Partners HealthCare System has struck a new four-year contract with insurer Harvard Pilgrim Health Care that both sides said will help control Massachusetts health care costs by putting Partners’ large hospitals and doctors practices on budgets and limiting future reimbursement increases to between 2 and 3 percent annually, roughly the rate of inflation.
The contract is retroactive to Jan. 1 and will run through 2015. While the new “global payment” arrangement takes effect immediately, Partners doctors and hospitals this year will still receive payment increases allowed under the old contract—about 5 to 6 percent.

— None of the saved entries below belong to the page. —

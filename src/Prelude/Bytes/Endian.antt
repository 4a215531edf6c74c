-- ===== src/Prelude/Bytes/Endian.antt =====
-- `to_be_bytes`, `to_le_bytes` and `from_be_bytes` of a `w` byte word, with their laws.
use mathlib.Core.Path.{◌≡◌, refl, ap}
use mathlib.Core.List.{[], ◌∷◌, ◌++◌}
use native.Mathlib.Omega.{arith}
use Prim.Native.Nat.{ℕ, zero, suc, ◌+◌, ◌*◌, ◌/◌, ◌%◌, ◌<◌, compare}
use sekv.Prelude.Lists.{All-append, length, length-append}
use sekv.Prelude.Bytes.Order.{Bytes, IsByte, IsBytes, cmp, cmp-append, then_order}

-- The number of values of a `w` byte word.
abbrev pub words : ℕ → ℕ
words zero = 1
words (suc w) = 256 * words w

unfoldable pub to_be_bytes : ℕ → ℕ → Bytes
to_be_bytes zero n = []
to_be_bytes (suc w) n = to_be_bytes w (n / 256) ++ (n % 256) ∷ []

unfoldable pub to_le_bytes : ℕ → ℕ → Bytes
to_le_bytes zero n = []
to_le_bytes (suc w) n = (n % 256) ∷ to_le_bytes w (n / 256)

unfoldable pub from_be : ℕ → Bytes → ℕ
from_be acc [] = acc
from_be acc (b ∷ bs) = from_be (acc * 256 + b) bs

unfoldable pub from_be_bytes : Bytes → ℕ
unfolding from_be
from_be_bytes bs = from_be 0 bs

pub length-to_be_bytes : (w n : ℕ) → length (to_be_bytes w n) ≡ w
unfolding to_be_bytes
length-to_be_bytes zero n = refl
length-to_be_bytes (suc w) n = omega (
  arith,
  length-append (to_be_bytes w (n / 256)) ((n % 256) ∷ []),
  length-to_be_bytes w (n / 256),
)

pub length-to_le_bytes : (w n : ℕ) → length (to_le_bytes w n) ≡ w
unfolding to_le_bytes
length-to_le_bytes zero n = refl
length-to_le_bytes (suc w) n = ap suc (length-to_le_bytes w (n / 256))

pub to_be_bytes-IsBytes : (w n : ℕ) → IsBytes (to_be_bytes w n)
unfolding to_be_bytes
to_be_bytes-IsBytes zero n = tt
to_be_bytes-IsBytes (suc w) n =
    All-append IsByte (to_be_bytes w (n / 256)) ((n % 256) ∷ []) (to_be_bytes-IsBytes w (n / 256))
      (omega arith, tt)

from_be-append :
    (acc : ℕ) (bs : Bytes) (b : ℕ) → from_be acc (bs ++ b ∷ []) ≡ from_be acc bs * 256 + b
unfolding from_be
from_be-append acc [] b = refl
from_be-append acc (c ∷ bs) b = from_be-append (acc * 256 + c) bs b

from_be-to_be : (w n : ℕ) → n < words w → from_be 0 (to_be_bytes w n) ≡ n
unfolding from_be to_be_bytes
from_be-to_be zero n h = omega arith
from_be-to_be (suc w) n h = omega (
  arith,
  from_be-append 0 (to_be_bytes w (n / 256)) (n % 256),
  from_be-to_be w (n / 256) (omega arith),
)

pub from_be_bytes-to_be_bytes : (w n : ℕ) → n < words w → from_be_bytes (to_be_bytes w n) ≡ n
unfolding from_be_bytes
from_be_bytes-to_be_bytes w n h = from_be-to_be w n h

compare-digits :
    (a b : ℕ) → then_order (compare (a / 256) (b / 256)) (compare (a % 256) (b % 256)) ≡ compare a b
compare-digits a b = ground arith

-- Big endian words compare as numbers.
pub cmp-to_be_bytes :
    (w a b : ℕ) → a < words w → b < words w → cmp (to_be_bytes w a) (to_be_bytes w b) ≡ compare a b
unfolding to_be_bytes cmp
cmp-to_be_bytes zero a b h k = ground arith
cmp-to_be_bytes (suc w) a b h k = ground (
  arith,
  cmp-append (to_be_bytes w (a / 256)) (to_be_bytes w (b / 256)) ((a % 256) ∷ []) ((b % 256) ∷ []),
  length-to_be_bytes w (a / 256),
  length-to_be_bytes w (b / 256),
  cmp-to_be_bytes w (a / 256) (b / 256) (omega arith) (omega arith),
  compare-digits a b,
)
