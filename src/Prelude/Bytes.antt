-- ===== src/Prelude/Bytes.antt =====
-- Byte strings (`[u8]`, `Vec<u8>`) as lists of numbers: the lexicographic order of slices, and the
-- fixed width big endian and little endian encodings of the standard library.
mod Order
mod Endian
unfoldable pub use Order.*
unfoldable pub use Endian.*
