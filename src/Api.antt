-- ===== src/Api.antt =====
-- The messages of api/sekas/server/v1/*.proto that the modelled code reads and writes, with the
-- constructors of api/src/{value,txn,write,desc}.rs.
pub mod Group
use sekv.Prelude.{ℕ, ◌≡◌, Option, none, some, List, Bool, true, false}
use sekv.Prelude.Bytes.{Bytes}

-- One version of a key; no content is a tombstone.
pub record Value : Type 0 where
  pub content : Option Bytes
  pub version : ℕ

pub record ValueSet : Type 0 where
  pub user_key : Bytes
  pub values : List Value

-- `Error::Forward` hands the request over to the group that a shard moves to.
pub record ForwardCtx : Type 0 where
  pub shard_id : ℕ
  pub dest_group_id : ℕ
  pub payloads : List ValueSet

-- `RangePartition`: an empty end is no bound.
pub record RangePartition : Type 0 where
  pub start : Bytes
  pub end : Bytes

pub record ShardDesc : Type 0 where
  pub id : ℕ
  pub table_id : ℕ
  pub range : Option RangePartition

-- `enum PutType`, `enum WriteConditionType`, in the order of their numbers
pub data PutType : Type 0 where
  put_none add_i64 nop : PutType

pub data WriteConditionType : Type 0 where
  expect_exists expect_not_exists expect_value : WriteConditionType
  expect_version expect_version_lt expect_version_le expect_version_gt expect_version_ge :
      WriteConditionType
  expect_starts_with expect_ends_with expect_slice expect_contains : WriteConditionType

-- A field of an enum's type holds its number.
pub record WriteCondition : Type 0 where
  pub type : ℕ
  pub value : Bytes
  pub version : ℕ
  pub begin : ℕ

pub record PutRequest : Type 0 where
  pub put_type : PutType
  pub ttl : ℕ
  pub key : Bytes
  pub value : Bytes
  pub conditions : List WriteCondition
  pub take_prev_value : Bool

pub record DeleteRequest : Type 0 where
  pub key : Bytes
  pub conditions : List WriteCondition
  pub take_prev_value : Bool

pub data WriteRequest : Type 0 where
  put_request : PutRequest → WriteRequest
  delete_request : DeleteRequest → WriteRequest

-- `WriteRequest::user_key` of api/src/write.rs
unfoldable pub user_key_of : WriteRequest → Bytes
user_key_of (put_request put) = put.key
user_key_of (delete_request del) = del.key

pub record WriteResponse : Type 0 where
  pub prev_value : Option Value

pub data TxnState : Type 0 where
  running aborted committed : TxnState

pub record TxnIntent : Type 0 where
  pub start_version : ℕ
  pub is_delete : Bool
  pub value : Option Bytes

-- api/src/txn.rs
unfoldable pub tombstone_intent : ℕ → TxnIntent
tombstone_intent start_version = record {
  start_version = start_version;
  is_delete = true;
  value = none;
}

unfoldable pub put_intent : ℕ → Option Bytes → TxnIntent
put_intent start_version value = record {
  start_version = start_version;
  is_delete = false;
  value = value;
}

-- The generated protobuf code of `TxnIntent`: what is encoded decodes to itself.
pub record IntentCodec : Type 0 where
  pub encode : TxnIntent → Bytes
  pub decode : Bytes → Option TxnIntent
  pub decode-encode : (intent : TxnIntent) → decode (encode intent) ≡ some intent

pub record MoveShardDesc : Type 0 where
  pub shard_desc : Option ShardDesc
  pub src_group_id : ℕ
  pub src_group_epoch : ℕ
  pub dest_group_id : ℕ
  pub dest_group_epoch : ℕ

-- `ExecCtx` of server/src/replica/mod.rs, as far as the commands read it
pub record ExecCtx : Type 0 where
  pub group_id : ℕ
  pub move_shard_desc : Option MoveShardDesc

pub record ShardGetRequest : Type 0 where
  pub shard_id : ℕ
  pub start_version : ℕ
  pub user_key : Bytes

pub record WriteIntentRequest : Type 0 where
  pub shard_id : ℕ
  pub start_version : ℕ
  pub write : Option WriteRequest

pub record CommitIntentRequest : Type 0 where
  pub shard_id : ℕ
  pub start_version : ℕ
  pub commit_version : ℕ
  pub user_key : Bytes

pub record ClearIntentRequest : Type 0 where
  pub shard_id : ℕ
  pub start_version : ℕ
  pub user_key : Bytes

pub record ShardWriteRequest : Type 0 where
  pub shard_id : ℕ
  pub deletes : List DeleteRequest
  pub puts : List PutRequest

pub record ShardWriteResponse : Type 0 where
  pub deletes : List WriteResponse
  pub puts : List WriteResponse

pub record ShardScanRequest : Type 0 where
  pub shard_id : ℕ
  pub start_version : ℕ
  pub limit : ℕ
  pub limit_bytes : ℕ
  pub exclude_start_key : Bool
  pub exclude_end_key : Bool
  pub prefix : Option Bytes
  pub start_key : Option Bytes
  pub end_key : Option Bytes
  pub include_raw_data : Bool
  pub ignore_txn_intent : Bool
  pub allow_scan_moving_shard : Bool

pub record ShardScanResponse : Type 0 where
  pub data_sets : List ValueSet
  pub has_more : Bool
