-- ===== src/Api/Group.antt =====
-- The descriptors of groups and replicas of api/sekas/server/v1/metadata.proto, the changes of replicas of
-- server.proto, and the methods of `GroupDesc`, `ShardDesc` and `Epoch` in api/src. A number that is none of an
-- enum's is left out.
use sekv.Prelude.{
  ℕ, ◌+◌, ◌/◌, ◌%◌, ◌^◌, ◌==◌, not, if◌then◌else◌, Option, none, some, List, [], ◌∷◌, Bool,
}
use sekv.Prelude.Bytes.{Bytes}
use sekv.Api.{ShardDesc}

pub data ReplicaRole : Type 0 where
  voter learner incoming_voter demoting_voter : ReplicaRole

pub record ReplicaDesc : Type 0 where
  pub id : ℕ
  pub node_id : ℕ
  pub role : ReplicaRole

pub record GroupDesc : Type 0 where
  pub id : ℕ
  pub epoch : ℕ
  pub shards : List ShardDesc
  pub replicas : List ReplicaDesc

pub data ChangeReplicaType : Type 0 where
  add remove add_learner : ChangeReplicaType

pub record ChangeReplica : Type 0 where
  pub change_type : ChangeReplicaType
  pub replica_id : ℕ
  pub node_id : ℕ

pub data RaftRole : Type 0 where
  follower candidate leader pre_candidate : RaftRole

pub record ReplicaState : Type 0 where
  pub replica_id : ℕ
  pub group_id : ℕ
  pub term : ℕ
  pub voted_for : ℕ
  pub role : RaftRole
  pub node_id : ℕ

-- `GroupDesc::shard`, the first shard with the id
unfoldable pub find_shard : ℕ → List ShardDesc → Option ShardDesc
find_shard shard_id [] = none
find_shard shard_id (shard ∷ shards) =
    if shard.id == shard_id then some shard else find_shard shard_id shards

-- `retain` by a test
abbrev pub retain {ℓ} : {A : Type ℓ} → (A → Bool) → List A → List A
retain keep [] = []
retain keep (x ∷ xs) = if keep x then x ∷ retain keep xs else retain keep xs

-- `GroupDesc::drop_shard`
unfoldable pub drop_shard : ℕ → List ShardDesc → List ShardDesc
drop_shard shard_id = retain (λ shard. not (shard.id == shard_id))

unfoldable pub with_range : ℕ → ℕ → Bytes → Bytes → ShardDesc
with_range shard_id table_id start end = record {
  id = shard_id;
  table_id = table_id;
  range = some (record { start = start; end = end });
}

-- A shard's change counts in the upper half of an epoch, and a change of replicas in the lower half.
unfoldable pub apply_shard_delta : ℕ → ℕ
apply_shard_delta epoch = (epoch + 2 ^ 32) % 2 ^ 64

unfoldable pub apply_config_delta : ℕ → ℕ
apply_config_delta epoch = (epoch + 1) % 2 ^ 64

unfoldable pub shard_epoch : ℕ → ℕ
shard_epoch epoch = epoch / 2 ^ 32

unfoldable pub config_epoch : ℕ → ℕ
config_epoch epoch = epoch % 2 ^ 32
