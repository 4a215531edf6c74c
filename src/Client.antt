-- ===== src/Client.antt =====
-- The client crate.
pub mod Range
pub mod Error
pub mod Retry
pub mod Builder
pub mod TxnTable
pub mod Batch
pub mod Router
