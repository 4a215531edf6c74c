-- ===== src/Client/Error.antt =====
-- `Error` and `Result` of client/src/error.rs, with the error monad. A message text is dropped, as is what
-- an error says of a group, a replica or the transport. A panic is the error `panicked`.
use sekv.Prelude.{ℕ, ◌≡◌, refl, Option}
use sekv.Api.{Value}

pub data ClientError : Type 0 where
  invalid_argument deadline_exceeded already_exists not_found resource_exhausted : ClientError
  cas_failed : ℕ → ℕ → Option Value → ClientError
  txn_conflict epoch_not_match group_not_found not_root_leader not_leader : ClientError
  group_not_accessable transport connect rpc internal panicked : ClientError

infixl 5 ◌>>=◌
pub data ClientResult {ι} (T : Type ι) : Type ι where
  ok : T → ClientResult T
  err : ClientError → ClientResult T

-- the operator `?`, followed by what uses its value
abbrev pub ◌>>=◌ {ι κ} :
    {A : Type ι} {B : Type κ} → ClientResult A → (A → ClientResult B) → ClientResult B
ok value >>= continue = continue value
err error >>= continue = err error

-- `Option::ok_or_else`
abbrev pub ok_or {ℓ} : {A : Type ℓ} → Option A → ClientError → ClientResult A
ok_or (Option.some a) e = ok a
ok_or Option.none e = err e

-- A chain that returns a value had one at its first step.
pub >>=-eq-ok {ι κ} :
    {A : Type ι} {B : Type κ} (result : ClientResult A) (continue : A → ClientResult B) {value : B}
    → (result >>= continue) ≡ ok value
    → (a : A) × (result ≡ ok a) × (continue a ≡ ok value)
>>=-eq-ok (ok a) continue h = (a, refl, h)
>>=-eq-ok (err e) continue h = cc

pub ok-eq {ι} : {A : Type ι} {a b : A} → Path (ClientResult A) (ok a) (ok b) → a ≡ b
ok-eq h = cc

If necessary, Partners will refund to Harvard Pilgrim any fee-for-service payments it received that result in total reimbursements for 2012 exceeding the budget established under the global payment set-up. That system—which applies to the 60 percent of Harvard Pilgrim Massachusetts members who are in its health maintenance organization --gives medical care providers a set amount of money to cover all of a patient’s care annually, rather than reimbursing them for every visit, test, and procedure.
Contract negotiations between Partners and Harvard Pilgrim, based in Wellesley, took about nine months, according to Partners spokesman Rich Copp.
“This provides value to consumers and value to the market equivalent to what we did with the other contracts with Blue Cross and Tufts,” Copp said. He noted that slowing the growth of health expenses was a goal of the payment overhaul passed by the state legislature this year.
Partners, which owns Harvard-affiliated Massachusetts General and Brigham and Women’s hospitals as well as community hospitals across eastern Massachusetts, is viewed by other health care systems as the most influential player in setting the tone for how insurance payments are made.